[Exercise input Boundary: Start]
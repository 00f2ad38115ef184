-- ===== src/External/Load.antt =====
-- internal/plugin/external/loader.go: the loading of a plugin.
use Prim.Native.String.{◌++◌}
use text.Mathlib.Text.{starts_with}
use go_gateway.Prelude.{
  ℤ, pos, eqb, eqb_ℤ, leb_ℤ, false, String, Option, none, some, if◌then◌else◌, ◌==◌,
}
use go_gateway.CircuitBreaker.{CircuitBreaker, Config, new}
use go_gateway.External.Client.{
  Manifest, Sent, Answer, call_error, http_answer, Codec, Client, ExternalPlugin, build_client,
}
use go_gateway.External.Execute.{check_health}

pub record ExternalPluginConfig : Type 0 where
  pub name : String
  pub address : String
  pub timeout : ℤ
  pub on_error : String
  pub health_path : String

pub data LoadError : Type 0 where
  manifest_fetch_failed version_mismatch health_check_failed : LoadError

pub data Loaded (J : Type 0) : Type 0 where
  loaded : ExternalPlugin J → Loaded J
  failed : LoadError → Loaded J

-- The defaults that `Load` puts in.
unfoldable pub with_defaults : ExternalPluginConfig → ExternalPluginConfig
with_defaults c = record c {
  timeout = if leb_ℤ c.timeout (pos 0) then pos 50000000 else c.timeout;
  on_error = if c.on_error == "" then "pass" else c.on_error;
  health_path = if c.health_path == "" then "/healthz" else c.health_path;
}

-- The address for the HTTP calls.
unfoldable pub http_addr : ExternalPluginConfig → String
http_addr c = if starts_with c.address "unix://" then "http://plugin" else c.address

abbrev pub load_limits : Config
load_limits = record {
  failure_threshold = pos 3;
  success_threshold = pos 2;
  reset_timeout = pos 30000000000;
}

-- The circuit breaker that `Load` makes.
unfoldable pub load_breaker : CircuitBreaker
unfolding new
load_breaker = new load_limits false

module _ {J B : Type 0} (codec : Codec J B) (reply : Client → Sent → Answer B) where
  abbrev pub read_manifest : Answer B → Option Manifest
  read_manifest call_error = none
  read_manifest (http_answer status body) =
      if eqb status 200 then codec.decode_manifest body else none

  unfoldable pub fetch_manifest : Client → String → Option Manifest
  fetch_manifest client addr =
      if codec.request_ok (addr ++ "/manifest")
      then read_manifest
          (reply client (record { method = "GET"; url = addr ++ "/manifest"; body = "" }))
      else none

  -- `Load`, after the defaults and with the client and the address made.
  unfoldable pub load_with : ExternalPluginConfig → J → Client → String → Loaded J
  unfolding load_breaker fetch_manifest check_health
  load_with c plugin_cfg client addr = elim (fetch_manifest client addr) [
    | none ↦ failed manifest_fetch_failed
    | some manifest ↦
        if eqb_ℤ manifest.sdk_major_version (pos 1)
        then (if check_health codec reply client addr c.health_path
            then loaded (record {
              manifest = manifest;
              addr = addr;
              cfg = plugin_cfg;
              timeout = c.timeout;
              on_error = c.on_error;
              client = client;
              cb = load_breaker;
            })
            else failed health_check_failed)
        else failed version_mismatch
  ]

  unfoldable pub load : ExternalPluginConfig → J → Loaded J
  unfolding with_defaults http_addr build_client load_with
  load c plugin_cfg =
      let c' = with_defaults c in
      load_with c' plugin_cfg (build_client c'.address c'.timeout) (http_addr c')
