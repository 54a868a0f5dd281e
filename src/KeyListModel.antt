-- ===== src/KeyListModel.antt =====
-- qt/src/keylistmodel.cpp: the pairs of keys that the widgets share.
use Prim.Native.String.{String}
use cscrypto.Base.{ℕ, Option, none, some, List, [], ◌∷◌, ◌++◌, length, get_elem?, set}
use cscrypto.Base58.{Base58}
use cscrypto.Sodium.Memory.{Region}

-- `none` is the private key of `KeyPair()`, whose region is NULL.
pub record KeyPair : Type 0 where
  pub public_key : List ℕ
  pub private_key : Option Region

abbrev pub key_pair : List ℕ → Option Region → KeyPair
key_pair pk sk = record { public_key = pk; private_key = sk }

abbrev pub KeyListModel : Type 0
KeyListModel = List KeyPair

-- The row of a `QModelIndex`; `none` is an invalid index.
abbrev pub ModelIndex : Type 0
ModelIndex = Option ℕ

unfoldable pub row_count : KeyListModel → ℕ
row_count keys = length keys

-- `data` in the role DisplayRole.
unfoldable pub data_at : Base58 → KeyListModel → ModelIndex → Option String
data_at b keys none = none
data_at b keys (some row) = elim (get_elem? keys row) [
  | none ↦ none
  | some pair ↦ some (b.encode pair.public_key)
]

unfoldable pub add_key_pair : KeyPair → KeyListModel → KeyListModel
add_key_pair pair keys = keys ++ (pair ∷ [])

-- `garbage` is what the uninitialised public key of `KeyPair()` holds.
unfoldable pub get_key_pair : List ℕ → KeyListModel → ModelIndex → KeyPair
get_key_pair garbage keys none = key_pair garbage none
get_key_pair garbage keys (some row) = elim (get_elem? keys row) [
  | none ↦ key_pair garbage none
  | some pair ↦ pair
]

-- The list with a private key as a function left it.
unfoldable pub put_back : ModelIndex → KeyPair → KeyListModel → KeyListModel
put_back none pair keys = keys
put_back (some row) pair keys = set keys row pair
[Exercise input Boundary: End]
Print all the entries above. Keep each one exact.

▶ _Written answer_
repository 00f2ad38115ef184
-- ===== src/External/Load.antt =====
-- internal/plugin/external/loader.go: the loading of a plugin.
use Prim.Native.String.{◌++◌}
use text.Mathlib.Text.{starts_with}
use go_gateway.Prelude.{
  ℤ, pos, eqb, eqb_ℤ, leb_ℤ, false, String, Option, none, some, if◌then◌else◌, ◌==◌,
}
use go_gateway.CircuitBreaker.{CircuitBreaker, Config, new}
use go_gateway.External.Client.{
  Manifest, Sent, Answer, call_error, http_answer, Codec, Client, ExternalPlugin, build_client,
}
use go_gateway.External.Execute.{check_health}

pub record ExternalPluginConfig : Type 0 where
  pub name : String
  pub address : String
  pub timeout : ℤ
  pub on_error : String
  pub health_path : String

pub data LoadError : Type 0 where
  manifest_fetch_failed version_mismatch health_check_failed : LoadError

pub data Loaded (J : Type 0) : Type 0 where
  loaded : ExternalPlugin J → Loaded J
  failed : LoadError → Loaded J

-- The defaults that `Load` puts in.
unfoldable pub with_defaults : ExternalPluginConfig → ExternalPluginConfig
with_defaults c = record c {
  timeout = if leb_ℤ c.timeout (pos 0) then pos 50000000 else c.timeout;
  on_error = if c.on_error == "" then "pass" else c.on_error;
  health_path = if c.health_path == "" then "/healthz" else c.health_path;
}

-- The address for the HTTP calls.
unfoldable pub http_addr : ExternalPluginConfig → String
http_addr c = if starts_with c.address "unix://" then "http://plugin" else c.address

abbrev pub load_limits : Config
load_limits = record {
  failure_threshold = pos 3;
  success_threshold = pos 2;
  reset_timeout = pos 30000000000;
}

-- The circuit breaker that `Load` makes.
unfoldable pub load_breaker : CircuitBreaker
unfolding new
load_breaker = new load_limits false

module _ {J B : Type 0} (codec : Codec J B) (reply : Client → Sent → Answer B) where
  abbrev pub read_manifest : Answer B → Option Manifest
  read_manifest call_error = none
  read_manifest (http_answer status body) =
      if eqb status 200 then codec.decode_manifest body else none

  unfoldable pub fetch_manifest : Client → String → Option Manifest
  fetch_manifest client addr =
      if codec.request_ok (addr ++ "/manifest")
      then read_manifest
          (reply client (record { method = "GET"; url = addr ++ "/manifest"; body = "" }))
      else none

  -- `Load`, after the defaults and with the client and the address made.
  unfoldable pub load_with : ExternalPluginConfig → J → Client → String → Loaded J
  unfolding load_breaker fetch_manifest check_health
  load_with c plugin_cfg client addr = elim (fetch_manifest client addr) [
    | none ↦ failed manifest_fetch_failed
    | some manifest ↦
        if eqb_ℤ manifest.sdk_major_version (pos 1)
        then (if check_health codec reply client addr c.health_path
            then loaded (record {
              manifest = manifest;
              addr = addr;
              cfg = plugin_cfg;
              timeout = c.timeout;
              on_error = c.on_error;
              client = client;
              cb = load_breaker;
            })
            else failed health_check_failed)
        else failed version_mismatch
  ]

  unfoldable pub load : ExternalPluginConfig → J → Loaded J
  unfolding with_defaults http_addr build_client load_with
  load c plugin_cfg =
      let c' = with_defaults c in
      load_with c' plugin_cfg (build_client c'.address c'.timeout) (http_addr c')
repository 54a868a0f5dd281e
filename src/KeyListModel.antt
-- ===== src/KeyListModel.antt =====
-- qt/src/keylistmodel.cpp: the pairs of keys that the widgets share.
use Prim.Native.String.{String}
use cscrypto.Base.{ℕ, Option, none, some, List, [], ◌∷◌, ◌++◌, length, get_elem?, set}
use cscrypto.Base58.{Base58}
use cscrypto.Sodium.Memory.{Region}

-- `none` is the private key of `KeyPair()`, whose region is NULL.
pub record KeyPair : Type 0 where
  pub public_key : List ℕ
  pub private_key : Option Region

abbrev pub key_pair : List ℕ → Option Region → KeyPair
key_pair pk sk = record { public_key = pk; private_key = sk }

abbrev pub KeyListModel : Type 0
KeyListModel = List KeyPair

-- The row of a `QModelIndex`; `none` is an invalid index.
abbrev pub ModelIndex : Type 0
ModelIndex = Option ℕ

unfoldable pub row_count : KeyListModel → ℕ
row_count keys = length keys

-- `data` in the role DisplayRole.
unfoldable pub data_at : Base58 → KeyListModel → ModelIndex → Option String
data_at b keys none = none
data_at b keys (some row) = elim (get_elem? keys row) [
  | none ↦ none
  | some pair ↦ some (b.encode pair.public_key)
]

unfoldable pub add_key_pair : KeyPair → KeyListModel → KeyListModel
add_key_pair pair keys = keys ++ (pair ∷ [])

-- `garbage` is what the uninitialised public key of `KeyPair()` holds.
unfoldable pub get_key_pair : List ℕ → KeyListModel → ModelIndex → KeyPair
get_key_pair garbage keys none = key_pair garbage none
get_key_pair garbage keys (some row) = elim (get_elem? keys row) [
  | none ↦ key_pair garbage none
  | some pair ↦ pair
]

-- The list with a private key as a function left it.
unfoldable pub put_back : ModelIndex → KeyPair → KeyListModel → KeyListModel
put_back none pair keys = keys
put_back (some row) pair keys = set keys row pair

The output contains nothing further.